Directions:
Go to the line containing "-- those that are claimed by labels." in the records below and print it and every following line exactly, on through the line containing "claims ← cli.service_claims.list", then stop.

Recorded data:
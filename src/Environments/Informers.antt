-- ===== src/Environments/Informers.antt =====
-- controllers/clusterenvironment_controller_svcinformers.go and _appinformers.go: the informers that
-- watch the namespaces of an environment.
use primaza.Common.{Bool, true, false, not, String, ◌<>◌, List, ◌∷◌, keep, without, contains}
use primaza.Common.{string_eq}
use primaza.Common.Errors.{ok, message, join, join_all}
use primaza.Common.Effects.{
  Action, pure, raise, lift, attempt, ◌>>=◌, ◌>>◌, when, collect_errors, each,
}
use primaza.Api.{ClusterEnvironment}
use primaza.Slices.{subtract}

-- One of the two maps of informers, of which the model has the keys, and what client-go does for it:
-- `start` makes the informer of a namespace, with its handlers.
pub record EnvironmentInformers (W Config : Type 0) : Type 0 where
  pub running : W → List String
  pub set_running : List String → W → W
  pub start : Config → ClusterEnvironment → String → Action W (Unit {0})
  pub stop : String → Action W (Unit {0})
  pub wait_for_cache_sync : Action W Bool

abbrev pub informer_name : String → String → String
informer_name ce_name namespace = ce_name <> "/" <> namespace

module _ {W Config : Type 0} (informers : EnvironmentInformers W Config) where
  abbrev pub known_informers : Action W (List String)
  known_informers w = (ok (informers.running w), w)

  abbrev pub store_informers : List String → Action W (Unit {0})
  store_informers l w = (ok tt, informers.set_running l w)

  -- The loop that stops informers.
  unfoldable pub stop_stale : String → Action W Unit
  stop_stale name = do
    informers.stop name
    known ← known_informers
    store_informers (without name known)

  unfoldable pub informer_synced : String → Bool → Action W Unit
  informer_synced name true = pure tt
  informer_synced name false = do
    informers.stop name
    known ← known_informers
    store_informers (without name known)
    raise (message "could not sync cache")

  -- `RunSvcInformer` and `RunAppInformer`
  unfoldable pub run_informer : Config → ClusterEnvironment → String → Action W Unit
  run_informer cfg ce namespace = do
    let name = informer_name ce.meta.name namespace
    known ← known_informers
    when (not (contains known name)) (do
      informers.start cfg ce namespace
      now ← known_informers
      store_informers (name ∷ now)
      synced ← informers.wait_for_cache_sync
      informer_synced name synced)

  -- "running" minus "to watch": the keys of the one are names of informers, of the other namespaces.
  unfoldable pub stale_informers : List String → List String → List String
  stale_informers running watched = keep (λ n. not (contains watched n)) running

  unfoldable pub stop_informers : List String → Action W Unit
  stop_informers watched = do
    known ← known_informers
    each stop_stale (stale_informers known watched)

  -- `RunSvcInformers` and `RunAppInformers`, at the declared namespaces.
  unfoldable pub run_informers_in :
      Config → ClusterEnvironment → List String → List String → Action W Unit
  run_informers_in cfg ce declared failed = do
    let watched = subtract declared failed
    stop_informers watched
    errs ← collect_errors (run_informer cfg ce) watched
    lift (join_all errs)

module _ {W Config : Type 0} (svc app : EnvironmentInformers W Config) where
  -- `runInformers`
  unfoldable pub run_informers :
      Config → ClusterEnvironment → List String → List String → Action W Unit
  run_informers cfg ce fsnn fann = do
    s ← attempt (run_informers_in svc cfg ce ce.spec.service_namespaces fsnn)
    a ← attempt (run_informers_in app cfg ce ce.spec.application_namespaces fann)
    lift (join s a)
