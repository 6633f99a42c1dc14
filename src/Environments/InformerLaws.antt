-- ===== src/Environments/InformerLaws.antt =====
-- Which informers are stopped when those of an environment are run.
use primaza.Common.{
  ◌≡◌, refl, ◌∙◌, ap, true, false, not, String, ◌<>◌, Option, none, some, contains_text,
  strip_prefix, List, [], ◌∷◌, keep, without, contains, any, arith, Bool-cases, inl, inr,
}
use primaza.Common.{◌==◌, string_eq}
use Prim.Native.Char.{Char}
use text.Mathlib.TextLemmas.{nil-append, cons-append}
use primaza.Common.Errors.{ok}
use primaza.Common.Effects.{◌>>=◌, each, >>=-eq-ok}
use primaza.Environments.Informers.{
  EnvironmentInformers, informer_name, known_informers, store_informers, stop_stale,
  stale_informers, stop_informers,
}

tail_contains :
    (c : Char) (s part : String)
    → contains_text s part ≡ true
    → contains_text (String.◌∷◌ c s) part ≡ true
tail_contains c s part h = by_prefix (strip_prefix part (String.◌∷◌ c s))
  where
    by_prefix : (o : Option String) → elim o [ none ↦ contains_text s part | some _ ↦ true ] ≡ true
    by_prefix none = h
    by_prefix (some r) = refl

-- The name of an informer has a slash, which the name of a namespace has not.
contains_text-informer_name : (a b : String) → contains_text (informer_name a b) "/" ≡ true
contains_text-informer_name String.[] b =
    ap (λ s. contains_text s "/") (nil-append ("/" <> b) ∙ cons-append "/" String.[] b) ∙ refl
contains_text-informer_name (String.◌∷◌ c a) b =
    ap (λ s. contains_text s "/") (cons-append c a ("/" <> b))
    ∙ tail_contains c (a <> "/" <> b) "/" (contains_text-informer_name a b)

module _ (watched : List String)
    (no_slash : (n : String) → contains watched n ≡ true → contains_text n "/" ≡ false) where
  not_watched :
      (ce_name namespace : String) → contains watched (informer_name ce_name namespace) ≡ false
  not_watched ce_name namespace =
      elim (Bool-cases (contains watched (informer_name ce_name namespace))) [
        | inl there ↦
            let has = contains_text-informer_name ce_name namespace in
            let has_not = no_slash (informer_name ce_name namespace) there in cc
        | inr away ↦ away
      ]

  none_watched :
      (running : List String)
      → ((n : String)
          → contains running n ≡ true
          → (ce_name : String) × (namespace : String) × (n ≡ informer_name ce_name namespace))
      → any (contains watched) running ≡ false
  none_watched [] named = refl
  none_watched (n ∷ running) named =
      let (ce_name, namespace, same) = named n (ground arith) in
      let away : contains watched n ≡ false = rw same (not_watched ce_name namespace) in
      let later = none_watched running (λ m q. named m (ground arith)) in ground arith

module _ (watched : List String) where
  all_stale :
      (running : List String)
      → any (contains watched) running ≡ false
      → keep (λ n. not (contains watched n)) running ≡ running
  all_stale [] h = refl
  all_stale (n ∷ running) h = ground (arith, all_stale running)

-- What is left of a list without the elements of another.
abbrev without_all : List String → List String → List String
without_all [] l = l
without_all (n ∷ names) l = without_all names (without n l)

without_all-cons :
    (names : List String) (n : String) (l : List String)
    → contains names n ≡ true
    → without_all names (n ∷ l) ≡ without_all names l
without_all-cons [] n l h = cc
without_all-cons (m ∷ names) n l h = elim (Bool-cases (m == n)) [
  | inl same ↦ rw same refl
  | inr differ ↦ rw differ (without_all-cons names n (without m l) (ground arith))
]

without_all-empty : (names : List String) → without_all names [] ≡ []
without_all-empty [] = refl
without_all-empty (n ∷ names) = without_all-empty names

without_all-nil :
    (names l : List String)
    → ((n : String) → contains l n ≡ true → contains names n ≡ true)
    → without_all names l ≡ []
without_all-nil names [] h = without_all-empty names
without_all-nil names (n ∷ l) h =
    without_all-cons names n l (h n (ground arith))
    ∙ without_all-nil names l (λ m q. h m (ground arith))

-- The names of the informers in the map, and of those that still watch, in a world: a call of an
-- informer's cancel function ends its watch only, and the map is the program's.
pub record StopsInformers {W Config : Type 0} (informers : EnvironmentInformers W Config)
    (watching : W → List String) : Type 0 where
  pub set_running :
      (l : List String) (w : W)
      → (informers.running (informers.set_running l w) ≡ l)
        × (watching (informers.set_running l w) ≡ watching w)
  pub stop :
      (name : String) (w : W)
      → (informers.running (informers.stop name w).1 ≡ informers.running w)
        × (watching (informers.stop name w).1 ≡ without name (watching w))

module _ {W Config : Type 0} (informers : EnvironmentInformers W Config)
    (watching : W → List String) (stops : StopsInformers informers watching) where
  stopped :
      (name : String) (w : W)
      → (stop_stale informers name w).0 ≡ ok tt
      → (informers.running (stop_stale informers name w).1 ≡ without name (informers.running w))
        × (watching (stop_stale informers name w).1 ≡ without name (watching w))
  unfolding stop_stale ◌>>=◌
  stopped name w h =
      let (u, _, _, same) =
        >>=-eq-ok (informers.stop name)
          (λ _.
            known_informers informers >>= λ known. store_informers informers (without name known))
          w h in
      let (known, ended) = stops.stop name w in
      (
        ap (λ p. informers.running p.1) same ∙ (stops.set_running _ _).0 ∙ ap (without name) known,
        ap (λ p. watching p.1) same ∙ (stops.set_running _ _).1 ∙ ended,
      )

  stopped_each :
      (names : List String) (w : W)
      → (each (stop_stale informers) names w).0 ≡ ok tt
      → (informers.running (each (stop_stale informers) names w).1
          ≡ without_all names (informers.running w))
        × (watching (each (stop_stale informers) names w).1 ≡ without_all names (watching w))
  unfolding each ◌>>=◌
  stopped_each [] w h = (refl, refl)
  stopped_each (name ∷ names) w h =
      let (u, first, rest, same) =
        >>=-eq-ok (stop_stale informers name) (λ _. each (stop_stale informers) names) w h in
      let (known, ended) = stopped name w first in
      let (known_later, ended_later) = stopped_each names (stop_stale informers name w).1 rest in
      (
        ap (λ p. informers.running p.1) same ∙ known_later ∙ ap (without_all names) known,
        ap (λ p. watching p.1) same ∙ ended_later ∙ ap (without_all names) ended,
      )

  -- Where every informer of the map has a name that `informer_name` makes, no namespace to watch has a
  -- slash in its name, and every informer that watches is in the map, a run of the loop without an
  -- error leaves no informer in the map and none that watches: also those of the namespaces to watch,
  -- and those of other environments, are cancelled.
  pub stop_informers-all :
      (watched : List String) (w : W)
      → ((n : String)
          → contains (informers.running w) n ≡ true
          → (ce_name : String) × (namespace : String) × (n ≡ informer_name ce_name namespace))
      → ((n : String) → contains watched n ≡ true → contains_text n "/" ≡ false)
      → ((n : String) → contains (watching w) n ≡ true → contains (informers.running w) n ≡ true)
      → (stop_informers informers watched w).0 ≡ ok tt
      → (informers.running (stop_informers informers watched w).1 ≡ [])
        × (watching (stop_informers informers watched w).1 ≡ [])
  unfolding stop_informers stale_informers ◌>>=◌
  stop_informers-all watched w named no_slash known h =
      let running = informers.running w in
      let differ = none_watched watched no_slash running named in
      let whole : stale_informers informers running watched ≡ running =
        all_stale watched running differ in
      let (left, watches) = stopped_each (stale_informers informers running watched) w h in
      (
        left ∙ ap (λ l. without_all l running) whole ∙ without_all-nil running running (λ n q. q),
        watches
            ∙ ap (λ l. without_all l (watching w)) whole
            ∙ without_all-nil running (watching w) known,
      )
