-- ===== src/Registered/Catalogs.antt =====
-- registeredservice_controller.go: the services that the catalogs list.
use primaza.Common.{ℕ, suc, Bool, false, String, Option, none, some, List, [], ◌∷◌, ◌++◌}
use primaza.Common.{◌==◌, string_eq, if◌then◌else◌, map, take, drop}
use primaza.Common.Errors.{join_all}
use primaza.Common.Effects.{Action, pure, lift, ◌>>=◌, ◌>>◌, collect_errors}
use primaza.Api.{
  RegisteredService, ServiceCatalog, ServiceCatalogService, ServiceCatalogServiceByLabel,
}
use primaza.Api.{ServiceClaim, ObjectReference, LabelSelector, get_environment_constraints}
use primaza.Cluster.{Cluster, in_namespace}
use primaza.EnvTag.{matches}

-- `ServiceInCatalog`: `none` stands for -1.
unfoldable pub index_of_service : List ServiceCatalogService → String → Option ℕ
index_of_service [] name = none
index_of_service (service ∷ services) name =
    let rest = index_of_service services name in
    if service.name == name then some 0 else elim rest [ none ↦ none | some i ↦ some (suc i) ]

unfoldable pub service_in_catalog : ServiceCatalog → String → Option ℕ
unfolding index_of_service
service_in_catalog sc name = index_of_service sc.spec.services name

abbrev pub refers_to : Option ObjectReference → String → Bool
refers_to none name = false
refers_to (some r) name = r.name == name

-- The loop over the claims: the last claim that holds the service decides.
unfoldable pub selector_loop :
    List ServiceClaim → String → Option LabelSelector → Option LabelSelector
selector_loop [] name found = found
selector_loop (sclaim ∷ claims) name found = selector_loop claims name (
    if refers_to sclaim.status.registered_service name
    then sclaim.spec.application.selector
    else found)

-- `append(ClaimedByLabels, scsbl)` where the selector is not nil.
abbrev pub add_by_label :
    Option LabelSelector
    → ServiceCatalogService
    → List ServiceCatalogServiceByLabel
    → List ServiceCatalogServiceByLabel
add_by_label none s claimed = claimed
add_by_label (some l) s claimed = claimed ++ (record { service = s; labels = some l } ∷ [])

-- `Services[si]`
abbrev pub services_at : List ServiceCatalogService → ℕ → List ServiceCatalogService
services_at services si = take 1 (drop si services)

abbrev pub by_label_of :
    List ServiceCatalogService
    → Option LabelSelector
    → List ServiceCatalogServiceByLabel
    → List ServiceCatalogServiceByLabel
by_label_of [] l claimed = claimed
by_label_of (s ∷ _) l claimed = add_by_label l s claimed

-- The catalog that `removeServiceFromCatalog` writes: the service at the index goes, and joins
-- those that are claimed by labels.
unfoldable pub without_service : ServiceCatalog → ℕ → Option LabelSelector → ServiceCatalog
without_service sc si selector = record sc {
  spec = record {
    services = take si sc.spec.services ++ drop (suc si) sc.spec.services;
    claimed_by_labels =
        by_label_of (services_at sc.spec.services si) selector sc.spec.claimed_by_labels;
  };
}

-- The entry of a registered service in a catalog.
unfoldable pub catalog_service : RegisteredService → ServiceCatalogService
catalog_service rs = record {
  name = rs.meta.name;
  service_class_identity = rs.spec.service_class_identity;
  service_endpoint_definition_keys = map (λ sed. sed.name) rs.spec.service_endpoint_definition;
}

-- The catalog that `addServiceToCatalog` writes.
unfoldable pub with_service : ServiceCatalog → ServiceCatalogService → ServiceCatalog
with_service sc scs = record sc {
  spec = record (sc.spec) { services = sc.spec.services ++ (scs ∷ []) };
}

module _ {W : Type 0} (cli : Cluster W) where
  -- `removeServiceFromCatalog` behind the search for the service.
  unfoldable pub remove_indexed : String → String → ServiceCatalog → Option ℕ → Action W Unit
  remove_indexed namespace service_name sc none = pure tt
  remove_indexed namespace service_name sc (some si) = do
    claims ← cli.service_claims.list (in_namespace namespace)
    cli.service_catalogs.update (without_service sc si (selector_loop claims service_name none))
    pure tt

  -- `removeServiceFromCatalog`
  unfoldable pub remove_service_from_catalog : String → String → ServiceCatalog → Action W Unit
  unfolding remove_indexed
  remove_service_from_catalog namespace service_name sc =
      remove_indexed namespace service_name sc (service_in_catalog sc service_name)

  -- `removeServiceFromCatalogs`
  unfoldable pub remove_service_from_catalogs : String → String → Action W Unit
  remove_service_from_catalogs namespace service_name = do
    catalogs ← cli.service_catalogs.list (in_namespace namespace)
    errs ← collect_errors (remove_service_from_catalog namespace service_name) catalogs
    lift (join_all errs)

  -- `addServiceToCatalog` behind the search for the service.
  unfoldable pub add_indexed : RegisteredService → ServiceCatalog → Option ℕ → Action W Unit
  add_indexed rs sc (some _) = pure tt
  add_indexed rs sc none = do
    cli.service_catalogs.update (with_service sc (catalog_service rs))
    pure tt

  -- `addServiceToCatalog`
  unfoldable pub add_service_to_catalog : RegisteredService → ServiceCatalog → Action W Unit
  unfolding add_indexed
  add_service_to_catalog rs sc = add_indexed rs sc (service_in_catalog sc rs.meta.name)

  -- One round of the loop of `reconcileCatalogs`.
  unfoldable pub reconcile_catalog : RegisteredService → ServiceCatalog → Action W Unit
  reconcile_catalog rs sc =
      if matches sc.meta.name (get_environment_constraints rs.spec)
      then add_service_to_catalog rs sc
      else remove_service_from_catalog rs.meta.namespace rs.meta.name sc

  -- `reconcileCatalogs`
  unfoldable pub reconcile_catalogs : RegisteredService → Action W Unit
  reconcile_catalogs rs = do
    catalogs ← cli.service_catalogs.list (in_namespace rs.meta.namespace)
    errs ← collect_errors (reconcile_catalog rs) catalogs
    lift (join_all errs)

Solution to this exercise:
-- those that are claimed by labels.
unfoldable pub without_service : ServiceCatalog → ℕ → Option LabelSelector → ServiceCatalog
without_service sc si selector = record sc {
  spec = record {
    services = take si sc.spec.services ++ drop (suc si) sc.spec.services;
    claimed_by_labels =
        by_label_of (services_at sc.spec.services si) selector sc.spec.claimed_by_labels;
  };
}

-- The entry of a registered service in a catalog.
unfoldable pub catalog_service : RegisteredService → ServiceCatalogService
catalog_service rs = record {
  name = rs.meta.name;
  service_class_identity = rs.spec.service_class_identity;
  service_endpoint_definition_keys = map (λ sed. sed.name) rs.spec.service_endpoint_definition;
}

-- The catalog that `addServiceToCatalog` writes.
unfoldable pub with_service : ServiceCatalog → ServiceCatalogService → ServiceCatalog
with_service sc scs = record sc {
  spec = record (sc.spec) { services = sc.spec.services ++ (scs ∷ []) };
}

module _ {W : Type 0} (cli : Cluster W) where
  -- `removeServiceFromCatalog` behind the search for the service.
  unfoldable pub remove_indexed : String → String → ServiceCatalog → Option ℕ → Action W Unit
  remove_indexed namespace service_name sc none = pure tt
  remove_indexed namespace service_name sc (some si) = do
    claims ← cli.service_claims.list (in_namespace namespace)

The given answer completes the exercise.